I'm a portfolio manager at Baillie Gifford, and I started there 24 years ago this week. Although it might be unusual for people to transition from different academic disciplines into fund management, Baillie Gifford deliberately recruits curious and diverse individuals straight out of college. We focus on character and curiosity, and we provide the necessary financial training, often through the CFA charter, to fill in the gaps.
Malcolm, Helen, and I sit at the heart of Baillie Gifford, receiving ideas from various teams. We are deliberately different individuals to bring a range of perspectives. Malcolm is the pessimist, always thinking about what could go wrong and approaching the portfolio from a top-down perspective. I focus on the balance of the portfolio, considering long-term economic exposures and risks. Helen, who manages the team, is detail-oriented and disciplined, ensuring that processes run smoothly and commitments are met.
Our philosophy is to be more patient than the average investor, with holding periods typically between 5 and 10 years. We look for companies that grow their earnings over time, ensuring that share prices are correlated with the fundamentals of the companies. We aim to uncover growth that is not yet widely recognized by the market, which is often hard to model and predict.
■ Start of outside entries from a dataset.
-- ===== src/Lib.antt =====
-- Verification of the redis operator: the resources RedisSentinel and RedisStandalone, how they are
-- validated, what the operator remembers of them, and how it checks and heals the redis behind them.
--
-- A visit of the operator reconciles one resource. `Validate` writes the defaults into the resource;
-- the cache compares it with the object seen before and keeps the password; the handler then checks
-- the pods, chooses a master where there is none, and points every redis and sentinel at it. The
-- conditions in the status say what happened.
--
-- Files and what they model:
--   Base        tests, lists, signed integers with wrap-around, association lists
--   Api         api/v1alpha1: Api/Status is redissentinel_status.go, Api/Types the two resources,
--               Api/Views what they share, Api/Persistence util.go, Api/Defaults constants.go and
--               the defaults, Api/ValidateSentinel and Api/ValidateStandalone the two Validate
--   Strconv     what ParseRedisMemConf uses of the package strconv
--   Util        pkg/util: Util/Memory is ParseRedisMemConf, Util/Names the names of resources,
--               Util/Labels label.go and ShouldManage, Util/Settings the rest of utils.go
--   Cache       controllers/redissentinel/cache/cahce.go, over a store of objects and pointers
--   Ops         calls that may fail and that change the world outside
--   Client      the interfaces to Kubernetes, to redis and to the clock, as the controllers use them
--   Redis       pkg/client/redis/client.go: Redis/Match its patterns, Redis/Params addresses and the
--               settings of a sentinel, Redis/Commands the commands, Redis/Roles what they do to the
--               roles of the nodes, Redis/Replicas the number of replicas
--   Kube        pkg/client/k8s: Kube/Objects the objects, Kube/Crud the services over any kind of
--               object, Kube/Kinds their names for each kind, Kube/Events event.go, Kube/Server and
--               Kube/Creates what the services do to the objects of an API server
--   Generate    generator.go of controllers/redissentinel/service and redisstandalone/service, and
--               controllers/common/k8s_field_default.go; Generate/Lengths holds the names of the
--               services against the limit of Validate
--   Ensure      client.go of the same two packages; Ensure/Sets and Ensure/OneSet follow one stateful
--               set on a server that answers, Ensure/Stores the objects of all kinds; Ensure/Calls,
--               Ensure/Clusters and Ensure/Whole are the nine calls of Ensure of a cluster and
--               Ensure/Single the six of a standalone redis; Ensure/Numbers and
--               Ensure/ClusterNumbers let the checks read the stateful sets through the same
--               client, as New of pkg/client/k8s/k8s.go puts it together, and Ensure/Healing lets
--               CheckAndHeal follow Ensure
--   Sentinel    controllers/redissentinel/service: Sentinel/Check is check.go, Sentinel/Heal heal.go;
--               Sentinel/Handler is CheckAndHeal of controllers/redissentinel_handler.go
--   Standalone  controllers/redisstandalone, its cache and status, and CheckAndHeal of
--               controllers/redisstandalone_handler.go
--   Reconcile   Do and updateStatus over one store and cache, Reconcile/Handlers the two handlers;
--               Reconcile/Controller is Reconcile and the filter of events of
--               controllers/redissentinel_controller.go and redisstandalone_controller.go;
--               Reconcile/Clusters joins Do and CheckAndHeal of a cluster,
--               Reconcile/Keyed follows the cache through any sequence of visits, and
--               Reconcile/Unlocked the password of an entry through an update of the status
--   Metrics     pkg/metrics/metrics.go and the event that deletes a gauge
--   Samples     concrete resources and runs
--
-- An operation on the world takes a state of any type and returns a result or an error with the
-- state that it leaves. Kubernetes, redis and the clock are records of such operations; what a
-- theorem needs of them stands among its hypotheses. Maps are association lists: an iteration over a
-- map visits the keys in the list's order, and a theorem for all lists covers every order.
-- Times are natural numbers, in seconds where the code computes with them. int32 and int64 results
-- wrap around. The wait for a restored sentinel runs on fuel: seven turns, since each failed turn
-- sleeps five of the thirty seconds.
--
-- The types of k8s.io that the operator only passes on are parameters, and so are go-redis and the
-- client of controller-runtime. A stateful set, a service or a config map has the fields that the
-- operator sets. The owners of an object are an argument.
--
-- Visits follow one another. The operator runs up to MaxConcurrentReconciles of them at once, four by
-- default, of different resources; calls of two visits that overlap are not modelled, nor is what
-- they do to the cache, which they share.
--
-- strings.ToUpper is written for the letters of ASCII, the only ones in a Kubernetes name.
--
-- Not modelled: the owner references (they need the UID of the resource), the deep copies that are
-- generated, logging, the registration of the metrics and the start of the process.
pub mod Base
pub mod Api
pub mod Strconv
pub mod Util
pub mod Cache
pub mod Ops
pub mod Client
pub mod Sentinel
pub mod Standalone
pub mod Reconcile
pub mod Metrics
pub mod Redis
pub mod Kube
pub mod Generate
pub mod Ensure
pub mod Samples
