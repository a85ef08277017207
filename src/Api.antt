-- ===== src/Api.antt =====
-- api/v1alpha1: the custom resources, their defaults and their status.
pub mod Status
pub mod Persistence
pub mod Defaults
pub mod ValidateSentinel
pub mod ValidateStandalone
pub mod Types
pub mod Views
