-- ===== src/Api/Status.antt =====
-- api/v1alpha1/redissentinel_status.go: the conditions in the status of a resource.
pub mod Conditions
pub mod Order
use cndb_redis.Base.{
  ℕ, zero, suc, String, Bool, ◌&&◌, Option, none, some, List, [], ◌∷◌, ◌++◌, if◌then◌else◌, str_eq,
  ltb, set, remove_at, sort_slice,
}

-- ConditionType, ConditionStatus and the times that are stored as text are Go strings.
pub record Condition : Type 0 where
  pub type : String
  pub status : String
  pub last_update_time : String
  pub last_update_at : ℕ
  pub last_transition_time : String
  pub reason : String
  pub message : String

pub record Status : Type 0 where
  pub conditions : List Condition
  pub master_ip : String
  pub sentinel_ip : String

-- What a function that reads the clock gets: `time.Now()` in the format RFC 3339, and `metav1.Now()`.
pub record Clock : Type 0 where
  pub now_string : String
  pub now : ℕ

-- the constants of type ConditionType, and corev1.ConditionTrue
abbrev pub condition_available : String
condition_available = "Available"

abbrev pub condition_healthy : String
condition_healthy = "Healthy"

abbrev pub condition_running : String
condition_running = "Running"

abbrev pub condition_creating : String
condition_creating = "Creating"

abbrev pub condition_recovering : String
condition_recovering = "Recovering"

abbrev pub condition_scaling : String
condition_scaling = "Scaling"

abbrev pub condition_scaling_down : String
condition_scaling_down = "ScalingDown"

abbrev pub condition_upgrading : String
condition_upgrading = "Upgrading"

abbrev pub condition_updating : String
condition_updating = "Updating"

abbrev pub condition_failed : String
condition_failed = "Failed"

abbrev pub condition_true : String
condition_true = "True"

-- the position of the first condition of the type, and the condition; (-1, nil) is `none`
shift : Option (ℕ × Condition) → Option (ℕ × Condition)
shift none = none
shift (some (i, c)) = some (suc i, c)

pub get_cluster_condition : List Condition → String → Option (ℕ × Condition)
unfolding shift
get_cluster_condition [] t = none
get_cluster_condition (c ∷ cs) t =
    let rest = shift (get_cluster_condition cs t) in if str_eq t c.type then some (0, c) else rest

pub new_cluster_condition : String → String → String → String → Clock → Condition
new_cluster_condition t status reason message clock = record {
  type = t;
  status = status;
  last_update_time = clock.now_string;
  last_update_at = clock.now;
  last_transition_time = clock.now_string;
  reason = reason;
  message = message;
}

-- the test by which an old condition is only touched
pub same_condition : Condition → Condition → Bool
same_condition cp c =
    str_eq cp.status c.status && str_eq cp.reason c.reason && str_eq cp.message c.message

store_condition : List Condition → Option (ℕ × Condition) → Condition → Clock → List Condition
unfolding same_condition
store_condition cs none c clock = cs ++ c ∷ []
store_condition cs (some (i, cp)) c clock =
    if same_condition cp c
    then set cs i (record cp { last_update_at = clock.now; last_update_time = clock.now_string })
    else set cs i c

pub set_cluster_condition : Status → Condition → Clock → Status
unfolding store_condition get_cluster_condition
set_cluster_condition s c clock = record s {
  conditions = store_condition s.conditions (get_cluster_condition s.conditions c.type) c clock;
}

clear_at : List Condition → Option (ℕ × Condition) → List Condition
clear_at cs none = cs
clear_at cs (some (i, _)) = remove_at cs i

pub clear_condition : Status → String → Status
unfolding clear_at get_cluster_condition
clear_condition s t = record s {
  conditions = clear_at s.conditions (get_cluster_condition s.conditions t);
}

-- newest first
pub later_condition : Condition → Condition → Bool
later_condition a b = ltb b.last_update_at a.last_update_at

pub desc_conditions_by_time : Status → Status
unfolding later_condition sort_slice
desc_conditions_by_time s = record s { conditions = sort_slice later_condition s.conditions }

-- Each of these reads the clock twice: for the new condition, and for an old one that is touched.
pub set_scaling_up_condition : Status → String → Clock → Clock → Status
unfolding new_cluster_condition set_cluster_condition
set_scaling_up_condition s message c1 c2 =
    set_cluster_condition s
      (new_cluster_condition condition_scaling condition_true "Scaling up" message c1) c2

pub set_create_condition : Status → String → Clock → Clock → Status
unfolding new_cluster_condition set_cluster_condition
set_create_condition s message c1 c2 =
    set_cluster_condition s
      (new_cluster_condition condition_creating condition_true "Creating" message c1) c2

pub set_scaling_down_condition : Status → String → Clock → Clock → Status
unfolding new_cluster_condition set_cluster_condition
set_scaling_down_condition s message c1 c2 =
    set_cluster_condition s
      (new_cluster_condition condition_scaling condition_true "Scaling down" message c1) c2

pub set_upgrading_condition : Status → String → Clock → Clock → Status
unfolding new_cluster_condition set_cluster_condition
set_upgrading_condition s message c1 c2 =
    set_cluster_condition s
      (new_cluster_condition condition_upgrading condition_true "Cluster upgrading" message c1) c2

pub set_updating_condition : Status → String → Clock → Clock → Status
unfolding new_cluster_condition set_cluster_condition
set_updating_condition s message c1 c2 =
    set_cluster_condition s
      (new_cluster_condition condition_updating condition_true "Cluster updating" message c1) c2

pub set_ready_condition : Status → String → Clock → Clock → Status
unfolding new_cluster_condition set_cluster_condition
set_ready_condition s message c1 c2 =
    set_cluster_condition s
      (new_cluster_condition condition_healthy condition_true "Cluster available" message c1) c2

pub set_failed_condition : Status → String → Clock → Clock → Status
unfolding new_cluster_condition set_cluster_condition
set_failed_condition s message c1 c2 =
    set_cluster_condition s
      (new_cluster_condition condition_failed condition_true "Cluster failed" message c1) c2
We understand that every holding will have a range of outcomes, so we encourage our analysts to think in probabilistic terms, avoiding a single central case for each stock. We accept that some investments may not perform as expected, but others will multiply in value. This approach is based on expected return distributions.
Growth investing over the past decade has often been associated with technology and the Magnificent Seven. However, our approach is broader. About a third of our portfolio consists of compounding stocks—companies that grow steadily over time. Another third is in disruptors—companies that are creating new models or technologies and disrupting established industries. The final third is in capital allocators—experienced management teams that make strategic decisions against prevailing wisdom.
One exciting buy-side example is Royalty Pharma, a company that provides pharmaceutical companies with royalties on their newly launched drugs. This allows pharma companies to fund new drug discovery programs. Royalty Pharma is a leader in this field with a 60% market share and has been growing at double-digit rates. Despite this, static royalties account for only 2% of the total market, leaving plenty of room for growth. The company is valued at a single-digit P/E, making it an attractive investment.
On the sell side, we look for companies that either disappoint, fail to meet their goals, or become too expensive. A recent example is Axon, which makes tasers and body cameras for police forces. While the company has strong structural growth factors, its share price has more than tripled over the past five years, far exceeding our forward-looking hypothesis. We have decided to step back and revisit the investment if the shares were to drop to half their current price.
At Baillie Gifford, we are on the road a lot, meeting with companies, suppliers, and customers. Our team conducts about 4,000 company meetings annually. We believe that speaking to people and understanding their perspectives is crucial for uncovering growth opportunities. We also use tools to replicate the factors behind our current holdings, but most of our ideas come from these face-to-face interactions.
Our competitive advantage lies in our long-term focus and the way we treat our people and their ideas. Baillie Gifford is a partnership that has been around for over 110 years, and we have unlimited liability, which aligns us closely with our clients' interests. We have an institutional time horizon of 10 to 20 years, which is different from most businesses. Our scouting network, where teams bring us ideas from around the world, allows us to analyze and contextualize these opportunities globally.
Volatility is a part of the market, and we try to remain clear-headed during such times. When markets are volatile, we often turn off our screens, go for walks, and focus on deeper conversations with companies. We look for opportunities where volatility can be advantageous, such as finding growth in emerging markets, healthcare, and long-term brands. For instance, after waiting for 20 years, we recently found an opportunity to invest in LVMH, a luxury brand, at a price that offers a high return over a decade.
We are also excited about industries that are inflecting on their growth, such as semiconductors and sensors. The push to onshore semiconductor production in North America is creating significant opportunities. Additionally, energy transition companies are accelerating their growth as the world moves away from hydrocarbons towards cleaner and cheaper energy sources. This shift feels very promising for long-term investors.